Dealing with unaligned AI is a fact of life on AO3 these days. The bots come in three main types: 1) garbage text, 2) a glowing review which leads to an invitation to buy (AI) art from them on Discord/Instagram, and 3) bots which give you abusive criticism, in the aim that you take your story offline, and they can then monetize it themselves. Every day, we get closer to rogue boomers in the streets, which is pretty cool.


RE: Fourth Oddities Spotted in the News - Bob Schroeck - 02-16-2026

Ah! So that's why the story wasn't there when I tried to follow up a link to it. Amusing, with a side of alarming.


RE: Fourth Oddities Spotted in the News - Bob Schroeck - 02-20-2026

City of Osaka receives anonymous gift of $3.6 million in gold bars to fix dilapidated water pipes.


RE: Fourth Oddities Spotted in the News - Norgarth - 02-21-2026

That is an oddity indeed


RE: Fourth Oddities Spotted in the News - classicdrogn - 02-22-2026

The Oyabun will have his swower at adequate pressure, however that pressure must be achieved.


RE: Fourth Oddities Spotted in the News - robkelk - 03-10-2026

Retro tech fan views LaserDisc movie data with a budget microscope

LDs are analog media, not digital media, so it's possible to interpret the encoding.


RE: Fourth Oddities Spotted in the News - robkelk - 03-11-2026

The Register, Opinion: AI has made the Command Line Interface more important and powerful than ever before

Tl;dr: Ai agents (not the ones in software, the ones that can be used to control software) present a consistent interface and thus increase one's ability to work. We no longer need to learn how software updates changed where the commands we actually use get moved to from month to month, we can simply type in natural-language phrases and let the AI figure out how to make the software do what we want it to do (instead of what the coders want us to do).
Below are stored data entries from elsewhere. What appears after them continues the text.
-- ===== src/Programs.antt =====
-- utls/qexport.bcl, utls/qimport.bcl, utls/qwriter.bcl and utls/decode.bcl: the programs that move
-- the messages of a queue to a file and back, take them from the terminal, and print them.
pub mod Quiet
pub mod Joins
pub mod Export
pub mod Import
pub mod Writer
pub mod Decode
pub mod Pipes
use mathlib.Core.Option
use cpp_atmi.Prelude.{ℕ, Bool, true, false, Option, none, some, List, [], ◌∷◌, ◌++◌, ◌≡◌}
use cpp_atmi.Atmi.Codes.{Constants}
use cpp_atmi.Atmi.Texts.{Text, Texts, bytes}
use cpp_atmi.Atmi.Calls.{Atmi, Joining, Tpinit}
use cpp_atmi.Exceptions.{Exception, what}
use cpp_atmi.Method.{ok, err}
use cpp_atmi.Tuxedo.{destroy}
use cpp_atmi.Client.{AbstractClient, leave}
use cpp_atmi.Client.Factories.{new_user}
use cpp_atmi.Options.{Options, QueueOptions, Process}
use cpp_atmi.Options.Usage.{usage}
use cpp_atmi.QueueStream.Server.{View}

-- What the programs use of the operating system and of the C++ library.
pub record Shell (W : Type 0) : Type 0 where
  -- the global variable `running`, which the handler of SIGINT clears
  pub running : W → Bool
  -- signal(SIGINT, signal_handler)
  pub on_interrupt : W → W
  -- the text of a file that is opened for reading, or `none` where that fails
  pub open_in : Text → W → Option Text × W
  -- open(path, out | app) and is_open()
  pub open_out : Text → W → Bool × W
  pub perror : Text → W → W
  -- what can be read from the standard input
  pub input : W → Text
  -- the arguments that getopt leaves
  pub arguments : W → List Text

-- `std::cerr << err.what() << std::endl`
unfoldable pub report : {W : Type 0} ⦃p : Process W⦄ → Exception → W → W
report ⦃p⦄ e w = p.cerr (what e ++ 10 ∷ []) w

-- Messages, catalogues and files leave the queue alone.
pub record IsQuiet {W : Type 0} ⦃a : Atmi W⦄ ⦃p : Process W⦄ ⦃h : Shell W⦄ (view : W → View)
    : Type 0 where
  pub opened : (w : W) → view (a.catopen w).1 ≡ view w
  pub closed : (catd : ℕ) (w : W) → view (a.catclose catd w) ≡ view w
  pub said : (msg : Text) (w : W) → view (p.cerr msg w) ≡ view w
  pub read : (path : Text) (w : W) → view (h.open_in path w).1 ≡ view w
  pub failed : (msg : Text) (w : W) → view (h.perror msg w) ≡ view w

-- A program has EXIT_SUCCESS, or not, and what it wrote to its output. `none` is a program that does
-- not end, leaves its memory, or is terminated.
abbrev pub Exit : Type 0 → Type 0
Exit W = Option (Bool × Text × W)

module _ {W : Type 0} ⦃a : Atmi W⦄ ⦃j : Joining W⦄ ⦃t : Texts⦄ ⦃k : Constants⦄ where
  -- The destructor of a client, which may not throw.
  unfoldable pub close : AbstractClient → W → Option W
  unfolding leave destroy
  close c w =
      let (r, c', w') = leave c w in elim r [ ok v ↦ some (destroy c'.tuxedo w') | err e ↦ none ]

  -- `closing c body`: the scope of a client.
  unfoldable pub closing : AbstractClient → Exit W → Exit W
  unfolding close
  closing c none = none
  closing c (some (status, out, w)) = Option.map (λ w'. (status, out, w')) (close c w)

  -- The body of the `try` of `main` behind the parsing: a client is constructed for its options, and
  -- `work` done with it. `raw` is what the memory of the TPINIT holds.
  unfoldable pub with_client :
      ⦃p : Process W⦄ → Text → Options → Tpinit → (AbstractClient → W → Exit W) → W → Exit W
  unfolding closing report
  with_client cltname o raw work w =
      elim (new_user (some cltname) o.user o.sys_passwd o.app_passwd o.group raw w) [
        | none ↦ none
        | some (err e, w₁) ↦ some (false, [], report e w₁)
        | some (ok c, w₁) ↦ closing c (work c w₁)
      ]

  -- `main` behind the parsing: without a queue space and a queue it says how it is called.
  unfoldable pub with_queue :
      ⦃p : Process W⦄
      → (W → W)
      → Text
      → Text
      → Text
      → QueueOptions
      → Tpinit
      → (Text → Text → AbstractClient → W → Exit W)
      → W
      → Exit W
  unfolding usage with_client
  with_queue ⦃p⦄ options_usage details pname cltname o raw work w =
      let refuse : Exit W = some (
        false,
        [],
        usage options_usage pname (some details) o.options (
            p.cerr (bytes "missing arguments, please provide a queue space and queue name (-q).\n")
              w),
      ) in
      elim o.qspace [
        | none ↦ refuse
        | some qspace ↦ elim o.queue [
          | none ↦ refuse
          | some queue ↦ with_client cltname o.options raw (work qspace queue) w
        ]
      ]
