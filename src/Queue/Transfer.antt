-- ===== src/Queue/Transfer.antt =====
-- `handle_diagnostics`, and the member functions that enqueue and dequeue.
use cpp_atmi.Prelude.{ℕ, String, not, Option, some, List, [], ◌∷◌, if◌then◌else◌}
use cpp_atmi.Prelude.Int.{ℤ, is_neg}
use cpp_atmi.Atmi.Codes.{
  Constants, Errno, Diagno, tpediagnostic, qmeinval, qmebadrmid, qmenotopen, qmetran, qmebadmsgid,
  qmesystem, qmeos, qmeaborted, qmeproto, qmebadqueue, qmenospace, qmerelease, qmeshare, qmenomsg,
}
use cpp_atmi.Atmi.Texts.{Text, Texts, Arg, str, code_of, diagno_of, bytes, c_str}
use cpp_atmi.Atmi.Calls.{Atmi, Queueing, Ptr}
use cpp_atmi.Exceptions.{atmi_exception, diagnostic_exception, aborted_exception}
use cpp_atmi.Method.{Method, ok, pure, throw, this, assign, reads, ◌>>=◌, ◌>>◌}
use cpp_atmi.Tuxedo.{message, update_errno, switch_context, handle_tperrno}
use cpp_atmi.Queue.{Queue, Receiver, super, on_queue}

module _ {W : Type 0} ⦃a : Atmi W⦄ ⦃t : Texts⦄ ⦃k : Constants⦄ where
  -- The switch of `handle_diagnostics`.
  unfoldable pub diagnose : Errno → Diagno → Text → List Arg → Method Queue W ℤ
  unfolding message
  diagnose e qmeinval msg args = throw (diagnostic_exception e qmeinval msg args)
  diagnose e qmebadrmid msg args = throw (diagnostic_exception e qmebadrmid msg args)
  diagnose e qmenotopen msg args = throw (diagnostic_exception e qmenotopen msg args)
  diagnose e qmetran msg args = throw (diagnostic_exception e qmetran msg args)
  diagnose e qmebadmsgid msg args = throw (diagnostic_exception e qmebadmsgid msg args)
  diagnose e qmesystem msg args = throw (diagnostic_exception e qmesystem msg args)
  diagnose e qmeos msg args = throw (diagnostic_exception e qmeos msg args)
  diagnose e qmeproto msg args = throw (diagnostic_exception e qmeproto msg args)
  diagnose e qmebadqueue msg args = throw (diagnostic_exception e qmebadqueue msg args)
  diagnose e qmenospace msg args = throw (diagnostic_exception e qmenospace msg args)
  diagnose e qmerelease msg args = throw (diagnostic_exception e qmerelease msg args)
  diagnose e qmeshare msg args = throw (diagnostic_exception e qmeshare msg args)
  diagnose e qmeaborted msg args = throw (aborted_exception msg args)
  diagnose e qmenomsg msg args = pure k.qmenomsg_value
  diagnose e d msg args = do
    catd ← this (λ q. q.catd)
    throw (
        diagnostic_exception e d
          (message catd 33 "Never heard about this diagno %d (tperrno: %d) !!??")
          (diagno_of d ∷ code_of e ∷ []))

  unfoldable pub handle_diagnostics : Errno → Diagno → Text → List Arg → Method Queue W ℤ
  unfolding diagnose
  handle_diagnostics e d msg args = do
    assign (λ q. record q { diagno = some d })
    diagnose e d msg args

  -- `throw atmi_exception ( catgets ( _catd, CATD_ATMI_SET, n, default) )`
  unfoldable pub refuse : {A : Type 0} → ℕ → String → Method Queue W A
  unfolding message
  refuse n default = do
    catd ← this (λ q. q.catd)
    throw (atmi_exception (message catd n default) [])

  -- `Enqueue` failed: the diagnostic counts if tperrno is TPEDIAGNOSTIC.
  unfoldable pub enqueue_failed : Errno → Diagno → Text → Text → Method Queue W ℤ
  enqueue_failed tpediagnostic d qspace queue =
      handle_diagnostics tpediagnostic d (bytes "Enqueue in %s:%s failed.")
        (str qspace ∷ str queue ∷ [])
  enqueue_failed e d qspace queue =
      super (handle_tperrno e (bytes "Enqueue on %s:%s failed.") (str qspace ∷ str queue ∷ []))

  -- What the handlers return is dropped: `enqueue` returns the result of `tpenqueue`.
  unfoldable pub check_enqueued : Text → Text → ℤ → Method Queue W ℤ
  check_enqueued qspace queue rc = if not (is_neg rc) then pure rc else do
    e ← reads a.tperrno
    d ← this (λ q. q.qctl.diagnostic)
    enqueue_failed e d qspace queue >>= λ _. pure rc

  -- `Dequeue` failed: an empty queue is a result, QMENOMSG, and is not handled.
  unfoldable pub dequeue_failed : Errno → Diagno → Text → Text → ℤ → Method Queue W ℤ
  dequeue_failed tpediagnostic qmenomsg qspace queue rc = pure k.qmenomsg_value
  dequeue_failed tpediagnostic d qspace queue rc =
      handle_diagnostics tpediagnostic d (bytes "Dequeue from %s:%s failed.")
        (str qspace ∷ str queue ∷ [])
      >>= λ _. pure rc
  dequeue_failed e d qspace queue rc =
      super (handle_tperrno e (bytes "Dequeue from %s:%s failed.") (str qspace ∷ str queue ∷ []))
      >>= λ _. pure rc

  unfoldable pub check_dequeued : Text → Text → ℤ → Method Queue W ℤ
  check_dequeued qspace queue rc = if not (is_neg rc) then pure rc else do
    e ← reads a.tperrno
    d ← this (λ q. q.qctl.diagnostic)
    dequeue_failed e d qspace queue rc

  module _ ⦃s : Queueing W⦄ where
    call_tpenqueue : Text → Text → Ptr → ℕ → Method Queue W ℤ
    call_tpenqueue qspace queue buf len q w =
        let (rc, ctl, w') = s.tpenqueue qspace queue q.qctl buf len q.flags w in
        (ok rc, record q { qctl = ctl }, w')

    call_tpdequeue : Text → Text → Method Receiver W ℤ
    call_tpdequeue qspace queue r w =
        let (ctl, reply) = s.tpdequeue qspace queue r.queue.qctl r.buf r.len r.queue.flags w in
        (
          ok reply.rc,
          record { queue = record r.queue { qctl = ctl }; buf = reply.buf; len = reply.len },
          reply.world,
        )

    -- `enqueue ( char *queue, char *data, long len )`
    unfoldable pub enqueue_in : Option Text → Option Text → Ptr → ℕ → Method Queue W ℤ
    unfolding update_errno call_tpenqueue
    enqueue_in (some qspace) (some queue) buf len = do
      super switch_context
      rc ← call_tpenqueue qspace queue buf len
      super update_errno
      check_enqueued qspace queue rc
    enqueue_in _ _ buf len =
        refuse 19 "Enqueue failed, qspace and queue properties have not been set !!??"

    unfoldable pub enqueue : Ptr → ℕ → Method Queue W ℤ
    unfolding enqueue_in
    enqueue buf len q = enqueue_in q.qspace q.name buf len q

    -- `_qctl.replyqueue` is an array: the test for NULL in front of this call never holds.
    unfoldable pub enqueue_reply : Ptr → ℕ → Method Queue W ℤ
    unfolding enqueue_in
    enqueue_reply buf len q = enqueue_in q.qspace (some (c_str q.qctl.replyqueue)) buf len q

    -- `dequeue ( char *queue, char **data, long *len )`
    unfoldable pub dequeue_from : Option Text → Option Text → Method Receiver W ℤ
    unfolding update_errno call_tpdequeue
    dequeue_from (some qspace) (some queue) = do
      on_queue (super switch_context)
      rc ← call_tpdequeue qspace queue
      on_queue (super update_errno)
      on_queue (check_dequeued qspace queue rc)
    dequeue_from _ _ =
        on_queue (refuse 20 "Dequeue failed, qspace and queue properties have not been set !!??")

    unfoldable pub dequeue : Method Receiver W ℤ
    unfolding dequeue_from
    dequeue r = dequeue_from r.queue.qspace r.queue.name r

    unfoldable pub dequeue_reply : Method Receiver W ℤ
    unfolding dequeue_from
    dequeue_reply r = dequeue_from r.queue.qspace (some (c_str r.queue.qctl.replyqueue)) r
RE: Fourth Oddities Spotted in the News - classicdrogn - 03-11-2026

... and we all thought 80s sci fi where the hyper-advamced computer system used a text interface were outdated. Hah!

So yeah, like Labster said, another step closer to buma, terminators, Colossus, WOPR, H.A.R.L.I.E., and/or HAL9000.


RE: Fourth Oddities Spotted in the News - Bob Schroeck - 03-13-2026

Two more lost episodes of Doctor Who have been rediscovered. That leaves just 95 lost episodes left to find.


RE: Fourth Oddities Spotted in the News - robkelk - 03-15-2026

From the "news item, film at 11" category... but now there's evidence for it.

Cornell study suggests people who use corporate buzzwords have trouble with analytical thinking

Peer-reviewed pre-print copy of the paper on ResearchGate

Pop-sci article on The Register


RE: Fourth Oddities Spotted in the News - Bob Schroeck - 04-09-2026

The Electronic Frontier Foundation is leaving X/Twitter

Not because of politics, but because it's increasingly becoming an irrelevant ghost town that it's not worth the time posting to, comparing the 50 to 100 million hits per month they used to rake in back in 2018 to the 13 million hits they got for all of 2025.